◆ Record excerpts:
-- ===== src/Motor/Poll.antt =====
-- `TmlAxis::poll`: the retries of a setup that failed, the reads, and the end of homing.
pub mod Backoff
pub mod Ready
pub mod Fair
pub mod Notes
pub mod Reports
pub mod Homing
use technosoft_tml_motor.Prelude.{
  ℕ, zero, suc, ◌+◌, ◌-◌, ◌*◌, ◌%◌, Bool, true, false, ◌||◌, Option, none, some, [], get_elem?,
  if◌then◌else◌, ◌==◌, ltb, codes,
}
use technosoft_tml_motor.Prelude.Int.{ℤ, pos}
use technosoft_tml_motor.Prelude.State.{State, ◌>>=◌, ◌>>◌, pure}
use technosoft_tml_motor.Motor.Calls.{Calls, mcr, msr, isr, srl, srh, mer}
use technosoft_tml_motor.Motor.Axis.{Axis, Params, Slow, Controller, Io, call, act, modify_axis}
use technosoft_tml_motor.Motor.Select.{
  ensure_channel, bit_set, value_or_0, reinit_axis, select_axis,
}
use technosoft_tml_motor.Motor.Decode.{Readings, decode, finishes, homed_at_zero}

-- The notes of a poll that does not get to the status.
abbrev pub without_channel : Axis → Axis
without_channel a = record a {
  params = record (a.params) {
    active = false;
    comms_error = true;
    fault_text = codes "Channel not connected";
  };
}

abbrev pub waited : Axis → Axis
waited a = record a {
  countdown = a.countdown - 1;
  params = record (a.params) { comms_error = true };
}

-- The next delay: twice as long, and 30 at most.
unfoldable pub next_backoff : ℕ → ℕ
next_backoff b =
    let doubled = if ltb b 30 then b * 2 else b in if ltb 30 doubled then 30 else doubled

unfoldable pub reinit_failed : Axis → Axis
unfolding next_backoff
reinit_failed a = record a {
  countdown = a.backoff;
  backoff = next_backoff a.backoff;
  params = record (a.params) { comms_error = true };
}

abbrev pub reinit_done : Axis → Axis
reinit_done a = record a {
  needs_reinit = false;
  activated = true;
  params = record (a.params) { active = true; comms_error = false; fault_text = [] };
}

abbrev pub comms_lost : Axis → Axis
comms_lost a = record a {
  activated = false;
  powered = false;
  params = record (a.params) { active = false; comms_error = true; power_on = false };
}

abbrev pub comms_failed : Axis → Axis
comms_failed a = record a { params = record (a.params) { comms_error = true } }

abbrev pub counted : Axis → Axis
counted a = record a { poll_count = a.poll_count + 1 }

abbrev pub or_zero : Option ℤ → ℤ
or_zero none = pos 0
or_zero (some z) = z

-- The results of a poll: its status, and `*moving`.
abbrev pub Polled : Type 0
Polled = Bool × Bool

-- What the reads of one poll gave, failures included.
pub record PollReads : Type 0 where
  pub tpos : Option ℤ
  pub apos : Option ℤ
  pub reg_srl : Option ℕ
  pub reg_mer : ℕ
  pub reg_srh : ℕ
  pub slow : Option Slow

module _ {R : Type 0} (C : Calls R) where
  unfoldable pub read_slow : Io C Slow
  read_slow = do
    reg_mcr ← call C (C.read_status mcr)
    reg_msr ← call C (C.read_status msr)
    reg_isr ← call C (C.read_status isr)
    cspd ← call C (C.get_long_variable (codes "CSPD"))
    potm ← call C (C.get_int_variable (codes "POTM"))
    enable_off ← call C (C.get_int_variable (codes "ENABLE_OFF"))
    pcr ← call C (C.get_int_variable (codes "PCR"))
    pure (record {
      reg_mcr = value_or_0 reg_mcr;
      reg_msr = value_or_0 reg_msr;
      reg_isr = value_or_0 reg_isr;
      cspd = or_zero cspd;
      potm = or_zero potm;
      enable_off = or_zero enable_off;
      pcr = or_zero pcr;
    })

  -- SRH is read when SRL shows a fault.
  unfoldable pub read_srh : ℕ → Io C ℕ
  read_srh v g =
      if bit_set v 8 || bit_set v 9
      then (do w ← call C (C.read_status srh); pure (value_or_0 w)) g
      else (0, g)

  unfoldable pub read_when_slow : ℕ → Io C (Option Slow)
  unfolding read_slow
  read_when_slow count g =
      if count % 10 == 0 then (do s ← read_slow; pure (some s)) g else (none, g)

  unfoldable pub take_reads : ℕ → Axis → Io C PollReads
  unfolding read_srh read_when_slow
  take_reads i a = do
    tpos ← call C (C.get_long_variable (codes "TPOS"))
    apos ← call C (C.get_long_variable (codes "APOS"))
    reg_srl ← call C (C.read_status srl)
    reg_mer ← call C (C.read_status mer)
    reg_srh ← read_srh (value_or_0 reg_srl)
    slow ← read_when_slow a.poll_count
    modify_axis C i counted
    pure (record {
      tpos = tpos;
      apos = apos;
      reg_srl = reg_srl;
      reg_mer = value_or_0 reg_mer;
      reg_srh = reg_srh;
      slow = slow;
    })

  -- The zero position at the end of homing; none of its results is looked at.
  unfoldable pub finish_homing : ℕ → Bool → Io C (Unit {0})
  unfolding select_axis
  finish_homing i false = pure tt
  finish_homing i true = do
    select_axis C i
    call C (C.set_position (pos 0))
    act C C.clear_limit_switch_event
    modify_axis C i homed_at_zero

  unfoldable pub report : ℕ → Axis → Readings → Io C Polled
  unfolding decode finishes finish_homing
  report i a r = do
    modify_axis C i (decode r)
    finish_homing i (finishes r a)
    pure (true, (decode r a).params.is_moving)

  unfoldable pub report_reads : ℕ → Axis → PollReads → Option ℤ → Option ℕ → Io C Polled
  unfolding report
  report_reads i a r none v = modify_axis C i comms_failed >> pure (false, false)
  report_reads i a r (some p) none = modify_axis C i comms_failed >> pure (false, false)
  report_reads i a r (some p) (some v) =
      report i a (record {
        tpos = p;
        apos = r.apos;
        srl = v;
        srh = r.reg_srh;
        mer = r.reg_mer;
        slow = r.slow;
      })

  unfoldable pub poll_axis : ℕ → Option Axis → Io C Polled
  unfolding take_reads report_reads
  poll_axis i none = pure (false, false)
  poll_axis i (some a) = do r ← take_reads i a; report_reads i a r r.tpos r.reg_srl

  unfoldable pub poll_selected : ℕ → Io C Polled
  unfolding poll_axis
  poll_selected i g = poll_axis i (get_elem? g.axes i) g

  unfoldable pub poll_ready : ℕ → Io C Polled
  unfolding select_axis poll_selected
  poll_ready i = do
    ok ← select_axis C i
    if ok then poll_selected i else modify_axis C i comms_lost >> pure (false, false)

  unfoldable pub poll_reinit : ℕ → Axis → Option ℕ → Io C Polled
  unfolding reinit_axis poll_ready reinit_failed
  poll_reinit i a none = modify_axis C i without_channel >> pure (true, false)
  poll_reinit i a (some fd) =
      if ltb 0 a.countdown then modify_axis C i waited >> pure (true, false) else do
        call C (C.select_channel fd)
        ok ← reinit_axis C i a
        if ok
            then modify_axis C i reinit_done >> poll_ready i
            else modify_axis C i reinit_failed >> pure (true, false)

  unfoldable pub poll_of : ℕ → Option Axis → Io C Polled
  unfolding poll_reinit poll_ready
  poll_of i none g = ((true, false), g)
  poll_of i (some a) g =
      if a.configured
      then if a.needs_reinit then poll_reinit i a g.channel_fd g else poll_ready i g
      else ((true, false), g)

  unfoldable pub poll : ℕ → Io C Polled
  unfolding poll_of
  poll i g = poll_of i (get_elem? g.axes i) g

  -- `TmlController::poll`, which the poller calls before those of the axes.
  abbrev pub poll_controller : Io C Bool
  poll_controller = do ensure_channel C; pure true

◆ Work instruction: Copy every line where the word "cspd" is present in the entries above.

◆ Response box:
    cspd ← call C (C.get_long_variable (codes "CSPD"))
      cspd = or_zero cspd;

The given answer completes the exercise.